Sample response. K_sp alone is sufficient to rank solubility only when the compounds being compared have the same formula type (the same ion ratio). For compounds with different formula types, K_sp alone is not sufficient and can be actively misleading. Consider AgCl (1:1 type, K_sp = 1.8 × 10⁻¹⁰) and CaF₂ (1:2 type, K_sp = 3.9 × 10⁻¹¹). A naive comparison suggests CaF₂ is less soluble because its K_sp is smaller. Calculating molar solubility reveals the opposite: for AgCl (1:1), K_sp = s², so s = √(1.8 × 10⁻¹⁰) = 1.34 × 10⁻⁵ mol/L. For CaF₂ (1:2), [Ca²⁺] = s and [F⁻] = 2s, so K_sp = s(2s)² = 4s³ = 3.9 × 10⁻¹¹; s = (9.75 × 10⁻¹²)^1/3 = 2.14 × 10⁻⁴ mol/L. CaF₂ is approximately 16 times more soluble than AgCl despite its smaller K_sp, because producing two F⁻ ions per formula unit amplifies the contribution of each mole dissolved to the ion product. The claim is therefore partially correct: K_sp alone is sufficient for comparing salts of the same formula type but is insufficient and unreliable for different formula types, where molar solubility must be calculated for each salt and compared directly.

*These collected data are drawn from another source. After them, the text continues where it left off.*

-- ===== src/DigitalOcean/Provider.antt =====
-- petri/core/provider/digitalocean/provider.go and droplet.go: creating the provider, creating and
-- restoring tasks, domains, and tearing everything down. Serialising is the identity on the states; a
-- restored provider starts from a saved state. The options of the constructors are fields of `Cloud`.
use Prim.Native.String.{◌++◌ as append}
use ironbird.Base.{
  ℕ, zero, suc, String, Bool, true, false, Option, none, some, List, [], ◌∷◌, ◌++◌, str_eq,
  if◌then◌else◌,
}
use ironbird.Base.Texts.{join}
use ironbird.Base.Action.{Result, ok, err, pure, raise, lift, gets, modify, ◌>>=◌, ◌>>◌}
use ironbird.Definition.{TaskDefinition, DefinitionError, stopped, validate_task, is_ecr_image}
use ironbird.Docker.Types.{insert}
use ironbird.Docker.Provider.{value_of}
use ironbird.DigitalOcean.Types.{
  World, TaskState, ProviderState, DigitalOcean, Task, Cloud, Error, resource_not_found,
  connection_failed, bad_definition, no_config, delete_domain_failed, Droplet, Daemon, given,
  dialed, ContainerOptions, create_tag, delete_tag, delete_droplets_by_tag, create_firewall,
  get_firewall, delete_firewall, create_droplet, create_domain, delete_domain, dial_docker,
  image_inspect, image_pull, container_create, sleep, request, update_cell,
}
use ironbird.DigitalOcean.Config.{
  validate_config, validate_tailscale, get_command, firewall_request, resource_name,
  droplet_request,
}
use ironbird.DigitalOcean.Task.{
  get_tailscale_peer, get_ip, wait_for_condition, wait_for_docker_start,
}

unfoldable pub new_state : String → ProviderState
new_state name = record {
  task_states = [];
  name = name;
  petri_tag = append "petri-" name;
  firewall_id = "";
  domain_ids = [];
}

unfoldable pub lift_definition : Result DefinitionError (Unit {0}) → Result Error (Unit {0})
lift_definition (ok u) = ok tt
lift_definition (err e) = err (bad_definition e)

-- The provider-specific configuration, which must not be nil.
abbrev pub config_of : Option (List (String × String)) → Result Error (List (String × String))
config_of none = err no_config
config_of (some config) = ok config

abbrev pub or_none : Option (List (String × String)) → List (String × String)
or_none none = []
or_none (some config) = config

unfoldable pub task_state : ProviderState → TaskDefinition → String → TaskState
unfolding resource_name
task_state p d id = record {
  id = id;
  name = resource_name p d;
  tailscale_hostname = resource_name p d;
  definition = d;
  status = stopped;
  provider_name = p.name;
}

-- A new cell for the state, and the cell in the map under the droplet's id.
unfoldable pub register : TaskState → World → World
unfolding update_cell insert
register t w = record w {
  cells = update_cell w.cells w.next t;
  next = suc w.next;
  provider = record w.provider { task_states = insert t.id w.next w.provider.task_states };
}

unfoldable pub container_options : ProviderState → TaskDefinition → ContainerOptions
unfolding resource_name join
container_options p d = record {
  name = resource_name p d;
  hostname = resource_name p d;
  image = d.image.image;
  entrypoint = d.entrypoint;
  command = d.command;
  environment = d.environment;
  labels =
      ("petri-provider", p.name)
      ∷ ("petri-ports", join "," d.ports)
      ∷ ("petri-node-name", d.name)
      ∷ [];
  mounts = ("/docker_volumes", d.data_dir) ∷ [];
  network_mode = "host";
}

unfoldable pub add_domain_id : ℕ → World → World
add_domain_id id w = record w {
  provider = record w.provider { domain_ids = w.provider.domain_ids ++ (id ∷ []) };
}

unfoldable pub set_firewall : String → World → World
set_firewall id w = record w { provider = record w.provider { firewall_id = id } }

module _ (c : Cloud) where
  -- `NewProviderWithClient` after the state is made.
  unfoldable pub new_provider : DigitalOcean (Unit {0})
  unfolding validate_tailscale firewall_request set_firewall
  new_provider = do
    lift (validate_tailscale c.tailscale)
    p ← gets (λ w. w.provider)
    request c (create_tag p.petri_tag)
    id ← request c (create_firewall (firewall_request p))
    modify (set_firewall id)

  abbrev pub telemetry_commands :
      Option (String → String → Result Error (List String))
      → String
      → String
      → Result Error (List String)
  telemetry_commands none provider node = ok []
  telemetry_commands (some commands) provider node = commands provider node

  -- p.CreateDroplet
  unfoldable pub create_own_droplet : TaskDefinition → DigitalOcean Droplet
  unfolding validate_task lift_definition validate_config get_command resource_name droplet_request
  create_own_droplet d = do
    lift (lift_definition (validate_task d))
    let config = or_none d.provider_specific_config
    lift (validate_config config)
    p ← gets (λ w. w.provider)
    telemetry ← lift (telemetry_commands c.telemetry p.name d.name)
    request c (
        create_droplet
          (droplet_request p d config (get_command c.tailscale (resource_name p d) ∷ telemetry)))

  -- Failures of the peer's lookup are tried again.
  unfoldable pub peer_found : ℕ → DigitalOcean Bool
  unfolding get_tailscale_peer
  peer_found t w = (
    elim (get_tailscale_peer c t w).0 [ ok p ↦ ok true | err e ↦ ok false ],
    (get_tailscale_peer c t w).1,
  )

  -- The client that was passed for the task's name, or a new one.
  unfoldable pub connect_docker : String → String → DigitalOcean Daemon
  connect_docker name addr =
      if c.has_override name
      then pure (given name)
      else (do request c (dial_docker addr); pure (dialed addr))

  abbrev pub on_failure :
      Result Error (Unit {0}) → (Error → DigitalOcean (Unit {0})) → DigitalOcean (Unit {0})
  on_failure (ok u) f w = (ok tt, w)
  on_failure (err e) f w = f e w

  -- Up to `retries` pulls, each failure followed by two seconds; the last failure counts.
  unfoldable pub pull_image : ℕ → Error → Daemon → String → String → DigitalOcean (Unit {0})
  unfolding request
  pull_image zero last d image auth = raise last
  pull_image (suc retries) last d image auth = λ w.
      let again : Error → DigitalOcean (Unit {0}) =
        λ e. request c (sleep 2000) >> pull_image retries e d image auth in
      on_failure (c.answer w.log (image_pull d image auth)) again
        (request c (image_pull d image auth) w).1

  abbrev pub registry_auth : TaskDefinition → String
  registry_auth d =
      if is_ecr_image d.image.image
      then value_of "docker_auth" (or_none d.provider_specific_config)
      else ""

  unfoldable pub ensure_image : Daemon → TaskDefinition → DigitalOcean (Unit {0})
  unfolding pull_image request
  ensure_image daemon d w =
      on_failure (c.answer w.log (image_inspect daemon d.image.image))
        (λ e. pull_image 5 e daemon d.image.image (registry_auth d))
        (request c (image_inspect daemon d.image.image) w).1

  abbrev pub created_or_retry : Result Error String → Result Error Bool
  created_or_retry (ok id) = ok true
  created_or_retry (err connection_failed) = ok false
  created_or_retry (err e) = err e

  -- One attempt; a connection that failed is tried again.
  unfoldable pub container_created : Daemon → ContainerOptions → DigitalOcean Bool
  unfolding request
  container_created daemon o w = (
    created_or_retry (c.answer w.log (container_create daemon o)),
    (request c (container_create daemon o) w).1,
  )

  -- `CreateTask` once the droplet is there and its state is stored in the cell `t`.
  unfoldable pub prepare_task : ℕ → ℕ → TaskDefinition → DigitalOcean Task
  unfolding peer_found wait_for_condition get_ip connect_docker wait_for_docker_start ensure_image
      container_created container_options
  prepare_task fuel t d = do
    wait_for_condition c fuel 900000 5000 (peer_found t)
    addr ← get_ip c t
    name ← gets (λ w. (w.cells t).name)
    daemon ← connect_docker name addr
    let task : Task = record { cell = t; daemon = daemon }
    wait_for_docker_start c fuel task
    ensure_image daemon d
    p ← gets (λ w. w.provider)
    wait_for_condition c fuel 30000 1000 (container_created daemon (container_options p d))
    pure task

  unfoldable pub create_task : ℕ → TaskDefinition → DigitalOcean Task
  unfolding create_own_droplet task_state register prepare_task validate_task lift_definition
      validate_config
  create_task fuel d = do
    lift (lift_definition (validate_task d))
    config ← lift (config_of d.provider_specific_config)
    lift (validate_config config)
    droplet ← create_own_droplet d
    p ← gets (λ w. w.provider)
    cell ← gets (λ w. w.next)
    modify (register (task_state p d (c.itoa droplet.id)))
    prepare_task fuel cell d

  -- `DeserializeTask`: a cell of its own, which the provider does not know.
  unfoldable pub deserialize_task : TaskState → DigitalOcean Task
  unfolding update_cell get_ip
  deserialize_task s = do
    t ← gets (λ w. w.next)
    modify (λ w. record w { cells = update_cell w.cells w.next s; next = suc w.next })
    (if c.has_override s.name then pure (record { cell = t; daemon = given s.name }) else (do
      addr ← get_ip c t
      request c (dial_docker addr)
      pure (record { cell = t; daemon = dialed addr })))

  unfoldable pub create_each_domain : List (String × String) → DigitalOcean (Unit {0})
  unfolding add_domain_id
  create_each_domain [] = pure tt
  create_each_domain ((name, addr) ∷ rest) = do
    id ← request c (create_domain c.domain name addr)
    modify (add_domain_id id)
    create_each_domain rest

  -- The map of domains is a list in the order in which it is ranged over.
  unfoldable pub create_domains : List (String × String) → DigitalOcean (Unit {0})
  unfolding create_each_domain
  create_domains domains = if str_eq c.domain "" then pure tt else create_each_domain domains

  unfoldable pub teardown_tasks : DigitalOcean (Unit {0})
  teardown_tasks = do p ← gets (λ w. w.provider); request c (delete_droplets_by_tag p.petri_tag)

  abbrev pub is_missing : Result Error (Unit {0}) → Bool
  is_missing (err resource_not_found) = true
  is_missing _ = false

  -- A firewall that is not found is gone; after any other answer it is deleted.
  unfoldable pub teardown_firewall : DigitalOcean (Unit {0})
  unfolding request
  teardown_firewall w =
      if is_missing (c.answer w.log (get_firewall w.provider.firewall_id))
      then (ok tt, (request c (get_firewall w.provider.firewall_id) w).1)
      else request c (delete_firewall w.provider.firewall_id)
          (request c (get_firewall w.provider.firewall_id) w).1

  unfoldable pub teardown_tag : DigitalOcean (Unit {0})
  teardown_tag = do p ← gets (λ w. w.provider); request c (delete_tag p.petri_tag)

  -- `errors.Join` starts from the new failure each time, so only the latest one is kept.
  abbrev pub latest :
      Result Error (Unit {0}) → ℕ → Result Error (Unit {0}) → Result Error (Unit {0})
  latest last id (ok u) = last
  latest last id (err e) = err (delete_domain_failed id)

  unfoldable pub delete_domains : Result Error (Unit {0}) → List ℕ → DigitalOcean (Unit {0})
  unfolding request
  delete_domains last [] = lift last
  delete_domains last (id ∷ ids) = λ w.
      delete_domains (latest last id (c.answer w.log (delete_domain c.domain id))) ids
        (request c (delete_domain c.domain id) w).1

  unfoldable pub teardown_domains : DigitalOcean (Unit {0})
  unfolding delete_domains
  teardown_domains = do
    p ← gets (λ w. w.provider)
    (if str_eq c.domain "" then pure tt else delete_domains (ok tt) p.domain_ids)

  unfoldable pub teardown : DigitalOcean (Unit {0})
  unfolding teardown_tasks teardown_firewall teardown_tag teardown_domains
  teardown = do teardown_tasks; teardown_firewall; teardown_tag; teardown_domains
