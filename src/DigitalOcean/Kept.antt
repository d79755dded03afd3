-- ===== src/DigitalOcean/Kept.antt =====
-- petri/core/provider/digitalocean: what every operation keeps: the droplets carry the provider's tag,
-- and the provider knows the domains that it created.
use ironbird.Base.{
  ℕ, ◌≡◌, sym, ap, ◌∙◌, String, Bool, true, false, Option, none, some, List, [], ◌∷◌, ◌++◌,
  if◌then◌else◌,
}
use ironbird.Base.Action.{Result, ok, err, pure, raise, lift, gets, modify, ◌>>=◌}
use ironbird.Base.Triple.{Ensures, Ensures-bind, Post-constant}
use ironbird.DigitalOcean.Types.{
  World, DigitalOcean, Cloud, Error, Request, create_droplet, create_domain, Answer, Log, request,
}

-- The droplets that are asked for have the tag and no other.
abbrev pub TaggedBy : String → Request → Type 0
TaggedBy tag (create_droplet r) = r.tags ≡ tag ∷ []
TaggedBy tag _ = Unit

abbrev pub AllTagged : String → Log → Type 0
AllTagged tag [] = Unit
AllTagged tag (e ∷ log) = TaggedBy tag e.0 × AllTagged tag log

-- The domain that an answer names.
abbrev pub value : Result Error ℕ → Option ℕ
value (ok id) = some id
value (err e) = none

abbrev pub domain_answer : (q : Request) → Result Error (Answer q) → Option ℕ
domain_answer (create_domain root name ip) r = value r
domain_answer _ r = none

abbrev pub append_some : List ℕ → Option ℕ → List ℕ
append_some ids none = ids
append_some ids (some id) = ids ++ (id ∷ [])

-- The domains that were created, oldest first.
abbrev pub created_domains : Log → List ℕ
created_domains [] = []
created_domains (e ∷ log) = append_some (created_domains log) (domain_answer e.0 e.1)

pub record Kept (tag : String) (w : World) : Type 0 where
  pub tag_is : w.provider.petri_tag ≡ tag
  pub tagged : AllTagged tag w.log
  pub domains : w.provider.domain_ids ≡ created_domains w.log

-- A request that creates no domain, and no droplet without the tag.
pub record Plain (tag : String) (q : Request) : Type 0 where
  pub no_domain : (r : Result Error (Answer q)) → domain_answer q r ≡ none
  pub tagged : TaggedBy tag q

module _ (c : Cloud) (tag : String) where
  abbrev pub Steady : {A : Type 0} → DigitalOcean A → Type 0
  Steady m = Ensures (Kept tag) (Kept tag) m (λ _. Kept tag)

  pub after :
      {A B : Type 0} {m : DigitalOcean A} {f : A → DigitalOcean B}
      → Steady m
      → ((a : A) → Steady (f a))
      → Steady (m >>= f)
  after hm hf = Ensures-bind _ _ hm hf

  pub Kept-request :
      (q : Request) (w : World) → Plain tag q → Kept tag w → Kept tag (request c q w).1
  unfolding request
  Kept-request q w p k = record {
    tag_is = k.tag_is;
    tagged = (p.tagged, k.tagged);
    domains =
        k.domains ∙ sym (ap (append_some (created_domains w.log)) (p.no_domain (c.answer w.log q)));
  }

  pub asking : (q : Request) → Plain tag q → Steady (request c q)
  asking q p = record {
    at = λ w k.
        Post-constant (Kept tag) (Kept tag) (request c q w).0 (request c q w).1 (λ h. h)
          (Kept-request q w p k);
  }

  pub done : {A : Type 0} (a : A) → Steady (pure a)
  unfolding pure
  done a = record { at = λ w k. k }

  pub lifting : {A : Type 0} (r : Result Error A) → Steady (lift r)
  unfolding lift
  lifting r = record { at = λ w k. Post-constant (Kept tag) (Kept tag) r w (λ h. h) k }

  pub raising : {A : Type 0} (e : Error) → Steady {A = A} (raise e)
  unfolding raise
  raising e = record { at = λ w k. k }

  pub reading : {A : Type 0} (f : World → A) → Steady (gets f)
  unfolding gets
  reading f = record { at = λ w k. k }

  pub changing :
      (f : World → World) → ((w : World) → Kept tag w → Kept tag (f w)) → Steady (modify f)
  unfolding modify
  changing f h = record { at = h }

  pub either :
      {A : Type 0} (b : Bool) (m k : DigitalOcean A)
      → Steady m
      → Steady k
      → Steady (if b then m else k)
  either true m k hm hk = hm
  either false m k hm hk = hk
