-- ===== src/DigitalOcean/Steps.antt =====
-- petri/core/provider/digitalocean: the operations of a task keep what the provider needs.
use ironbird.Base.{ℕ, zero, suc, refl, String, Bool, true, false}
use ironbird.Base.Action.{Result, ok, err, modify}
use ironbird.Base.Triple.{Post, Post-constant}
use ironbird.Definition.{stopped, running}
use ironbird.Docker.Task.{same_status}
use ironbird.DigitalOcean.Types.{
  World, DigitalOcean, Task, Cloud, Error, timed_out, out_of_fuel, Daemon, get_droplet,
  delete_droplet, tailscale_status, close, container_list, container_start, container_stop,
  container_inspect, sleep,
}
use ironbird.DigitalOcean.Task.{
  get_tailscale_peer, get_ip, droplet_of, container_of, get_status, wait_for_condition, is_running,
  start, stop, delete_own_droplet, destroy_steps, destroy, set_status, remove_task,
}
use ironbird.DigitalOcean.Kept.{
  Kept, Steady, after, Kept-request, asking, done, lifting, raising, reading, changing, either,
}

module _ (c : Cloud) (tag : String) where
  abbrev pub Calm : {A : Type 0} → DigitalOcean A → Type 0
  Calm = Steady c tag

  -- The provider's tag, its domains and the log are as before.
  pub same : (f : World → World) → ((w : World) → Kept tag w → Kept tag (f w)) → Calm (modify f)
  same = changing c tag

  pub peer-Calm : (t : ℕ) → Calm (get_tailscale_peer c t)
  unfolding get_tailscale_peer
  peer-Calm t =
      after c tag (asking c tag tailscale_status (record { no_domain = λ r. refl; tagged = tt }))
        (λ peers. after c tag (reading c tag _) (λ host. lifting c tag _))

  pub ip-Calm : (t : ℕ) → Calm (get_ip c t)
  unfolding get_ip
  ip-Calm t = after c tag (peer-Calm t) (λ peer. lifting c tag _)

  pub droplet-Calm : (t : ℕ) → Calm (droplet_of c t)
  unfolding droplet_of
  droplet-Calm t = after c tag (reading c tag _) (λ id.
      after c tag (lifting c tag _)
        (λ n. asking c tag (get_droplet n) (record { no_domain = λ r. refl; tagged = tt })))

  container-Calm : (d : Daemon) → Calm (container_of c d)
  unfolding container_of
  container-Calm d =
      after c tag (asking c tag (container_list d) (record { no_domain = λ r. refl; tagged = tt }))
        (λ ids. lifting c tag _)

  status-Calm : (t : Task) → Calm (get_status c t)
  unfolding get_status
  status-Calm t = after c tag (droplet-Calm t.cell) (λ d. either c tag _ _ _ (done c tag stopped) (
      after c tag (container-Calm t.daemon) (λ id.
        after c tag
          (asking c tag (container_inspect t.daemon id)
            (record { no_domain = λ r. refl; tagged = tt }))
          (λ info. done c tag _))))

  pub wait-Calm :
      (fuel deadline pause : ℕ) (condition : DigitalOcean Bool)
      → Calm condition
      → Calm (wait_for_condition c fuel deadline pause condition)
  unfolding wait_for_condition
  wait-Calm zero deadline pause condition h = raising c tag out_of_fuel
  wait-Calm (suc fuel) deadline pause condition h = after c tag (reading c tag _) (λ over.
      either c tag over _ _ (raising c tag timed_out) (
        after c tag (asking c tag (sleep pause) (record { no_domain = λ r. refl; tagged = tt }))
          (λ u. after c tag h (λ reached.
            either c tag reached _ _ (done c tag tt) (wait-Calm fuel deadline pause condition h)))))

  set_status-Kept : (t : ℕ) (w : World) (k : Kept tag w) → Kept tag (set_status t running w)
  unfolding set_status
  set_status-Kept t w k = record { tag_is = k.tag_is; tagged = k.tagged; domains = k.domains }

  is_running-Calm : (t : Task) → Calm (is_running c t)
  unfolding is_running
  is_running-Calm t = after c tag (status-Calm t) (λ s.
      either c tag (same_status s running) _ _
        (after c tag (same _ (set_status-Kept t.cell)) (λ u. done c tag true)) (done c tag false))

  pub start-Calm : (fuel : ℕ) (t : Task) → Calm (start c fuel t)
  unfolding start
  start-Calm fuel t = after c tag (container-Calm t.daemon) (λ id.
      after c tag
        (asking c tag (container_start t.daemon id) (record { no_domain = λ r. refl; tagged = tt }))
        (λ u. wait-Calm fuel 300000 100 _ (is_running-Calm t)))

  pub stop-Calm : (t : Task) → Calm (stop c t)
  unfolding stop set_status
  stop-Calm t = after c tag (container-Calm t.daemon) (λ id.
      after c tag
        (same _ (λ w k. record { tag_is = k.tag_is; tagged = k.tagged; domains = k.domains }))
        (λ u.
          asking c tag (container_stop t.daemon id)
            (record { no_domain = λ r. refl; tagged = tt })))

  destroy_steps-Calm : (t : ℕ) → Calm (destroy_steps c t)
  unfolding destroy_steps delete_own_droplet remove_task
  destroy_steps-Calm t =
      after c tag
        (after c tag (droplet-Calm t)
          (λ d. asking c tag (delete_droplet d.id) (record { no_domain = λ r. refl; tagged = tt })))
        (λ u. after c tag (reading c tag _) (λ id.
          same _ (λ w k. record { tag_is = k.tag_is; tagged = k.tagged; domains = k.domains })))

  -- An action that keeps the world, whatever its result.
  pub kept : {A : Type 0} (m : DigitalOcean A) (w : World) → Calm m → Kept tag w → Kept tag (m w).1
  kept {A} m w h k = of (m w).0 (m w).1 (h.at w k)
    where
      of : (r : Result Error A) (w : World) → Post (Kept tag) (λ _. Kept tag) r w → Kept tag w
      of (ok a) w p = p
      of (err e) w p = p

  -- It is enough that the world is kept.
  pub calm_of :
      {A : Type 0} (m : DigitalOcean A) → ((w : World) → Kept tag w → Kept tag (m w).1) → Calm m
  calm_of m h = record {
    at = λ w k. Post-constant (Kept tag) (Kept tag) (m w).0 (m w).1 (λ p. p) (h w k);
  }

  pub destroy-Calm : (t : Task) → Calm (destroy c t)
  unfolding destroy
  destroy-Calm t = calm_of _ (λ w k.
      Kept-request c tag (close t.daemon) (destroy_steps c t.cell w).1
        (record { no_domain = λ r. refl; tagged = tt }) (kept _ w (destroy_steps-Calm t.cell) k))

Marking notes. 1 mark — identifies that K_sp comparison is valid only for same formula type. 1 mark — names two appropriate compounds with different formula types (e.g. AgCl and CaF₂). 1 mark — correct K_sp expression for the 1:2 salt (K_sp = 4s³). 1 mark — correct molar solubility calculation for at least one compound, showing all working. 1 mark — correct molar solubility for the second compound. 1 mark — explicitly states which compound is more soluble and reconciles this with the K_sp values (counter-intuitive result). 1 mark — clear evaluative judgement: K_sp sufficient for same formula type, insufficient across different formula types.